Gad, who was represented by Chicago lawyer Kathleen Zellner, agreed to a settlement in the case in 2017, with the county paying her $380,000. Zellner then offered Gad a job to work with her on medical malpractice lawsuits.
“When I met Sarah, she was at rock bottom,” Zellner said. “I threw her a rope by taking her case and giving her a job.”
“She caught the rope and turned her life around. I saw her enormous potential and I believed in her,” she said. “She began to believe in herself. All she needed was a second chance.”
As Gad started to see that her legal work was making an impact, “I became inspired to go to law school and become an attorney.”
She knew that getting accepted to law school as a convicted felon would not be easy, but she explained her past transgressions in her personal statement. She got accepted to nearly every school she applied to, she said, and she used the settlement money she received from her case against the Cook County Jail to pay for her legal education at the University of Chicago, where she started in 2017.
“I try to just be the living example of the power of rehabilitation and second chances,” said Gad, who often gives talks to medical students and residents, as well as doctors and emergency personnel.
She passed the bar exam in February 2022, but her swearing-in was delayed because of her criminal background.

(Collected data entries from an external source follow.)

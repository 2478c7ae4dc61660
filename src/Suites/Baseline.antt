-- ===== src/Suites/Baseline.antt =====
-- run_baseline and summarize_baseline: the unmodified base is run twice or three times, and every test
-- is sorted by whether its result held.
use autocontribute.Base.{
  ℕ, String, Option, none, some, Bool, true, false, not, ◌&&◌, ◌||◌, List, [], ◌∷◌, map, any, all,
  keep, length, ◌==◌, is_none, if◌then◌else◌, max,
}
use autocontribute.Base.Dict.{Dict, lookup}
use autocontribute.Suites.Results.{
  CaseStatus, CaseResult, SuiteRun, is_passed, is_skipped, is_failing, status_of, run_has, sorted,
  distinct, keys, concat,
}

-- EnvironmentBaseline
pub record Baseline : Type 0 where
  pub base_sha : String
  pub exit_codes : List ℕ
  pub durations_seconds : List ℕ
  pub per_test : Bool
  pub timed_out : Bool
  pub collected : ℕ
  pub pass_stable : List String
  pub fail_before : List String
  pub flaky : List String
  pub skip : List String
  pub test_durations : Dict ℕ

abbrev pub same_status : Option CaseStatus → Option CaseStatus → Bool
same_status none none = true
same_status (some CaseStatus.passed) (some CaseStatus.passed) = true
same_status (some CaseStatus.failed) (some CaseStatus.failed) = true
same_status (some CaseStatus.error) (some CaseStatus.error) = true
same_status (some CaseStatus.skipped) (some CaseStatus.skipped) = true
same_status _ _ = false

-- `_statuses(a) == _statuses(b)`
abbrev pub same_statuses : SuiteRun → SuiteRun → Bool
same_statuses a b =
    let agree : String → Bool =
      λ t. same_status (status_of (lookup t a.results)) (status_of (lookup t b.results)) in
    all agree (keys a.results) && all agree (keys b.results)

-- every test that any run lists, as a set
abbrev pub tests_of : List SuiteRun → List String
tests_of runs = sorted (distinct (concat (map (λ run. keys run.results) runs)))

-- where a test goes
pub data Class : Type 0 where
  stable_pass skips fails_before unstable : Class

-- the tests `statuses == {"passed"}` and so on, over the runs' statuses of one test
unfoldable pub classify : List SuiteRun → String → Class
classify runs test_id =
    if all (run_has is_passed test_id) runs
    then stable_pass
    else (if all (run_has is_skipped test_id) runs
        then skips
        else (if all (run_has is_failing test_id) runs then fails_before else unstable))

abbrev pub is_class : Class → Class → Bool
is_class stable_pass stable_pass = true
is_class skips skips = true
is_class fails_before fails_before = true
is_class unstable unstable = true
is_class _ _ = false

abbrev pub of_class : Class → List SuiteRun → List String
of_class c runs = keep (λ t. is_class c (classify runs t)) (tests_of runs)

abbrev pub or_zero : Option ℕ → ℕ
or_zero none = 0
or_zero (some n) = n

abbrev pub timing : Option CaseResult → ℕ
timing none = 0
timing (some r) = or_zero r.duration_seconds

-- the longest duration of a test in any run, 0 where no run has one
abbrev pub longest : List SuiteRun → String → ℕ
longest [] t = 0
longest (run ∷ runs) t = max (timing (lookup t run.results)) (longest runs t)

abbrev pub durations : List SuiteRun → List String → Dict ℕ
durations runs [] = []
durations runs (t ∷ ts) =
    let rest = durations runs ts in if longest runs t == 0 then rest else (t, longest runs t) ∷ rest

-- summarize_baseline
unfoldable pub summarize_baseline : List SuiteRun → String → Baseline
summarize_baseline runs base_sha = record {
  base_sha = base_sha;
  exit_codes = map (λ run. run.exit_code) runs;
  durations_seconds = map (λ run. run.duration_seconds) runs;
  per_test = all (λ run. run.per_test) runs;
  timed_out = any (λ run. run.timed_out) runs;
  collected = length (tests_of runs);
  pass_stable = of_class stable_pass runs;
  fail_before = of_class fails_before runs;
  flaky = of_class unstable runs;
  skip = of_class skips runs;
  test_durations = durations runs (tests_of runs);
}

-- run_baseline, with what its first, second and third run give
unfoldable pub run_baseline : SuiteRun → SuiteRun → SuiteRun → List SuiteRun
run_baseline first second third =
    if first.timed_out || not (is_none first.failure)
    then first ∷ []
    else (if same_statuses first second then first ∷ second ∷ [] else first ∷ second ∷ third ∷ [])
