-- ===== src/Suites/Regression.antt =====
-- new_failures and still_failing of src/autocontribute/suite_runs.py, and the regression check that
-- src/autocontribute/fix_checks.py builds from them.
use autocontribute.Base.{
  ℕ, ◌+◌, String, Option, none, some, Bool, true, false, not, ◌&&◌, ◌||◌, List, [], ◌∷◌, keep, leb,
  is_none, if◌then◌else◌, max, suc, zero,
}
use autocontribute.Base.Dict.{lookup}
use autocontribute.Errors.{value_error, Result, ok, ◌>>=◌, ◌>>◌, raise_if}
use autocontribute.Suites.Results.{SuiteRun, is_regressed, run_has, contains, sorted}
use autocontribute.Suites.Baseline.{Baseline}

-- the run says nothing about individual tests
abbrev pub is_unusable : SuiteRun → Bool
is_unusable run = not (is_none run.failure) || run.timed_out

-- a test that a run lost, where that counts, or in which it regressed
abbrev pub has_failed : Bool → SuiteRun → String → Bool
has_failed full_suite run t =
    (is_none (lookup t run.results) && full_suite) || run_has is_regressed t run

-- new_failures
unfoldable pub new_failures : Baseline → SuiteRun → List String → Bool → Result (List String)
new_failures baseline run removed_tests full_suite = do
  raise_if (is_unusable run) value_error
  ok (
      keep (λ t. not (contains t removed_tests) && has_failed full_suite run t)
        baseline.pass_stable)

-- still_failing
unfoldable pub still_failing : List String → SuiteRun → List String
still_failing candidates rerun =
    if is_unusable rerun
    then sorted candidates
    else sorted (keep (has_failed true rerun) candidates)

-- REGRESSION_RERUNS
abbrev pub regression_reruns : ℕ
regression_reruns = 2

-- _RegressionRun
pub record RegressionRun : Type 0 where
  pub unusable : Bool
  pub new_failures : List String

abbrev pub is_empty : List String → Bool
is_empty [] = true
is_empty (_ ∷ _) = false

-- What the n-th run of one command gives, or nothing when no second is left for it.
abbrev pub Runner : Type 0
Runner = ℕ → Option SuiteRun

-- the reruns of `found` from the n-th on, at most `left` of them
unfoldable pub rerun_failures : Runner → ℕ → ℕ → List String → List String
rerun_failures runner zero n found = found
rerun_failures runner (suc left) n found = if is_empty found then found else elim (runner n) [
  | none ↦ found
  | some rerun ↦ rerun_failures runner left (n + 1) (still_failing found rerun)
]

-- FixChecks._regression_run; nothing when out of time
unfoldable pub regression_run : Baseline → Runner → Bool → Result (Option RegressionRun)
regression_run baseline runner full_suite = elim (runner 0) [
  | none ↦ ok none
  | some run ↦
      if is_unusable run
      then ok (some (record { unusable = true; new_failures = [] }))
      else (new_failures baseline run [] full_suite >>= λ found. ok (
          some (record {
            unusable = false;
            new_failures = rerun_failures runner regression_reruns 1 found;
          })))
]

pub data RegressionStatus : Type 0 where
  passed failed not_run : RegressionStatus

-- RegressionEvidence, without the detail and the runs
pub record RegressionEvidence : Type 0 where
  pub status : RegressionStatus
  pub full_suite : Bool
  pub new_failures : List String

abbrev pub longest : List ℕ → ℕ
longest [] = 0
longest (n ∷ ns) = max n (longest ns)

abbrev pub regression : RegressionStatus → Bool → List String → RegressionEvidence
regression status full_suite found = record {
  status = status;
  full_suite = full_suite;
  new_failures = found;
}

-- what is concluded when the full suite was not run
abbrev pub without_full_suite : Option RegressionRun → RegressionEvidence
without_full_suite none = regression not_run false []
without_full_suite (some outcome) =
    if outcome.unusable then regression failed false [] else regression passed false []

-- the full suite, where the related run showed no new failure
unfoldable pub full_regression :
    Baseline → Runner → ℕ → Option RegressionRun → Result RegressionEvidence
full_regression baseline runner timeout related =
    if baseline.timed_out || leb timeout (longest baseline.durations_seconds)
    then ok (without_full_suite related)
    else (regression_run baseline runner true >>= λ outcome. ok (elim outcome [
      | none ↦ without_full_suite related
      | some run ↦
          if run.unusable
          then regression failed true []
          else (if not (is_empty run.new_failures)
              then regression failed true run.new_failures
              else regression passed true [])
    ]))

abbrev pub found_by : Option RegressionRun → List String
found_by none = []
found_by (some run) = run.new_failures

-- FixChecks._regression, with the runs of the related tests, where there is a command for them, those
-- of the full suite, and the time left for a run after the related ones
unfoldable pub regression_check : Baseline → Option Runner → Runner → ℕ → Result RegressionEvidence
regression_check baseline related runner timeout = elim related [
  | none ↦ full_regression baseline runner timeout none
  | some command ↦
      (regression_run baseline command false >>= λ outcome.
      (if not (is_empty (found_by outcome))
        then ok (regression failed false (found_by outcome))
        else full_regression baseline runner timeout outcome))
]
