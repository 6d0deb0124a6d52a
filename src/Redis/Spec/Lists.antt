-- ===== src/Redis/Spec/Lists.antt =====
-- Lists: ranges and trimming.
use afl.Base.{ℕ, zero, suc, ◌+◌, ◌-◌, ◌%◌, ◌^◌, ◌≤◌, ◌<◌, ◌≡◌, refl, sym, ◌∙◌, ap, none, some}
use afl.Base.{List, [], ◌∷◌, length, take, drop, if◌then◌else◌, arith, leb, ltb}
use afl.Base.{take_all, take_nil, drop_all, Bool-cases, Option-cases, inl, inr}
use afl.Base.Str.{Str}
use afl.Redis.Lists.{get_by_index, range_loop, range, trim_front, trim_back, trim, pop_back}
use native.Mathlib.Numerals.{add-one}

get_by_index-drop : (l : List Str) (i : ℕ) → get_by_index l i ≡ none → drop i l ≡ []
unfolding get_by_index
get_by_index-drop [] zero h = refl
get_by_index-drop [] (suc i) h = refl
get_by_index-drop (x ∷ xs) zero h = cc
get_by_index-drop (x ∷ xs) (suc i) h = get_by_index-drop xs i h

get_by_index-cons :
    (l : List Str) (i : ℕ) (s : Str) → get_by_index l i ≡ some s → drop i l ≡ s ∷ drop (suc i) l
unfolding get_by_index
get_by_index-cons [] i s h = cc
get_by_index-cons (x ∷ xs) zero s h = ground (arith)
get_by_index-cons (x ∷ xs) (suc i) s h = get_by_index-cons xs i s h

take_step : (n m : ℕ) (x : Str) (xs : List Str) → n ≡ suc m → take n (x ∷ xs) ≡ x ∷ take m xs
take_step n m x xs e = rw e refl

-- What follows the element at `i`.
range_step :
    (l rest : List Str) (i j : ℕ) (s : Str)
    → get_by_index l i ≡ some s
    → rest ≡ take (suc j - (i + 1)) (drop (i + 1) l)
    → (if leb i j then s ∷ rest else []) ≡ take (suc j - i) (drop i l)
range_step l rest i j s e r = elim (Bool-cases (leb i j)) [
  | inl within ↦
      rw (within, get_by_index-cons l i s e)
        (sym (
          take_step (suc j - i) (suc j - suc i) s (drop (suc i) l) (ground arith)
          ∙ ap (◌∷◌ s) (sym (r ∙ rw (add-one i) refl))))
  | inr beyond ↦ rw beyond (let none_left : suc j - i ≡ 0 = ground arith in rw none_left refl)
]

range_loop-eq :
    (fuel : ℕ) (l : List Str) (i j : ℕ)
    → length l ≤ fuel + i
    → range_loop fuel l i j ≡ take (suc j - i) (drop i l)
unfolding range_loop
range_loop-eq zero l i j h = rw (drop_all i l (omega arith)) (sym (take_nil (suc j - i)))
range_loop-eq (suc fuel) l i j h = elim (Option-cases (get_by_index l i)) [
  | inl e ↦ rw (e, range_loop, get_by_index-drop l i e) (sym (take_nil (suc j - i)))
  | inr (s, e) ↦
      rw (e, range_loop) (range_step l _ i j s e (range_loop-eq fuel l (i + 1) j (omega arith)))
]

-- The elements that LRANGE collects from index `i` to index `j` are those at the positions from `i` to
-- `j`, both included, as far as the list goes; none where `j` lies before `i`.
pub range-eq : (l : List Str) (i j : ℕ) → range l i j ≡ take (suc j - i) (drop i l)
unfolding range
range-eq l i j = range_loop-eq (length l) l i j (omega arith)

trim_front-eq :
    (l : List Str) (i j : ℕ)
    → ((trim_front l i j).0 ≡ drop i l) × (i < length l → (trim_front l i j).1 ≡ j - i)
unfolding trim_front
trim_front-eq [] zero j = (refl, λ h. elim h [ ])
trim_front-eq [] (suc i) j = (refl, λ h. elim h [ ])
trim_front-eq (x ∷ xs) zero j = (refl, λ h. omega arith)
trim_front-eq (x ∷ xs) (suc i) j = (
  (trim_front-eq xs i (j - 1)).0,
  λ h. omega (arith, (trim_front-eq xs i (j - 1)).1 (omega arith)),
)

length-pop_back : (x : Str) (xs : List Str) → suc (length (pop_back (x ∷ xs))) ≡ length (x ∷ xs)
unfolding pop_back
length-pop_back x [] = refl
length-pop_back x (y ∷ ys) = ap suc (length-pop_back y ys)

take-pop_back :
    (n : ℕ) (x : Str) (xs : List Str) → n ≤ length xs → take n (pop_back (x ∷ xs)) ≡ take n (x ∷ xs)
unfolding pop_back
take-pop_back zero x xs h = refl
take-pop_back (suc n) x [] h = elim h [ ]
take-pop_back (suc n) x (y ∷ ys) h = ap (◌∷◌ x) (take-pop_back n y ys (omega arith))

trim_back-eq :
    (fuel : ℕ) (l : List Str) (limit : ℕ) → length l ≤ fuel → trim_back fuel l limit ≡ take limit l
unfolding trim_back
trim_back-eq zero [] limit h = sym (take_nil limit)
trim_back-eq zero (x ∷ xs) limit h = elim h [ ]
trim_back-eq (suc fuel) [] limit h = ground (arith, take_nil {A = Str} limit)
trim_back-eq (suc fuel) (x ∷ xs) limit h = elim (Bool-cases (ltb limit (length (x ∷ xs)))) [
  | inl more ↦ rw more (
      trim_back-eq fuel (pop_back (x ∷ xs)) limit (omega (arith, length-pop_back x xs))
      ∙ take-pop_back limit x xs (ground arith))
  | inr done ↦ rw done (sym (take_all limit (x ∷ xs) (ground arith)))
]

-- LTRIM from an index `i` inside the list to an index `j` below 2^64 - 1 keeps the elements from `i`
-- to `j`, both included; where `j` lies before `i` it keeps the one element at `i`.
pub trim-eq :
    (l : List Str) (i j : ℕ)
    → i < length l
    → j < 2 ^ 64 - 1
    → trim l i j ≡ take (suc (j - i)) (drop i l)
unfolding trim
trim-eq l i j h b =
    rw ((trim_front-eq l i j).0, (trim_front-eq l i j).1 h)
      (trim_back-eq (length (drop i l)) (drop i l) _ (omega arith)
        ∙ let e : (j - i + 1) % 2 ^ 64 ≡ suc (j - i) = omega arith in rw e refl)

Over several months, she submitted various documents explaining her past — including her full criminal record, police reports and character reports from people who attested that she had turned her life around.
Since being sworn in to the Minnesota Bar on Aug. 23, 2022, Gad has been working as an attorney in Minneapolis, specializing in criminal defense — including nonviolent drug convictions — and civil rights violations. So far, none of her cases have gone to trial, as she works to get them dismissed or diverted before that point.
“My personal story is what drives me to be the best possible advocate that I can,” Gad said. “I don’t want my clients to have to live through what I lived through.”
“I find the work to be so rewarding in light of what I know,” she continued.
Recently, she represented Benjamin Richardson, a 25-year-old man who spent seven months in jail after being arrested on murder charges. The charges were dismissed in July after Gad argued there was insufficient evidence to continue with the case, including witness descriptions that did not match her client, and surveillance evidence showing Richardson was at a different location at the time of the killing.
“It was probably one of the happiest moments of my life,” Richardson said, noting that Gad understood what it was like to be detained in the very same jail that he was in. “I didn’t have to explain it, she already knew what was going on.”
“To know that I was able to give him his freedom back and his life back and spare him the lifelong stigma of being a convicted felon, it means everything to me,” Gad said.
While she never fulfilled her dream of becoming a doctor, she now believes she was always meant to be a lawyer and advocate.
“It’s definitely given me a purpose,” Gad said. “And I wouldn’t have it any other way.”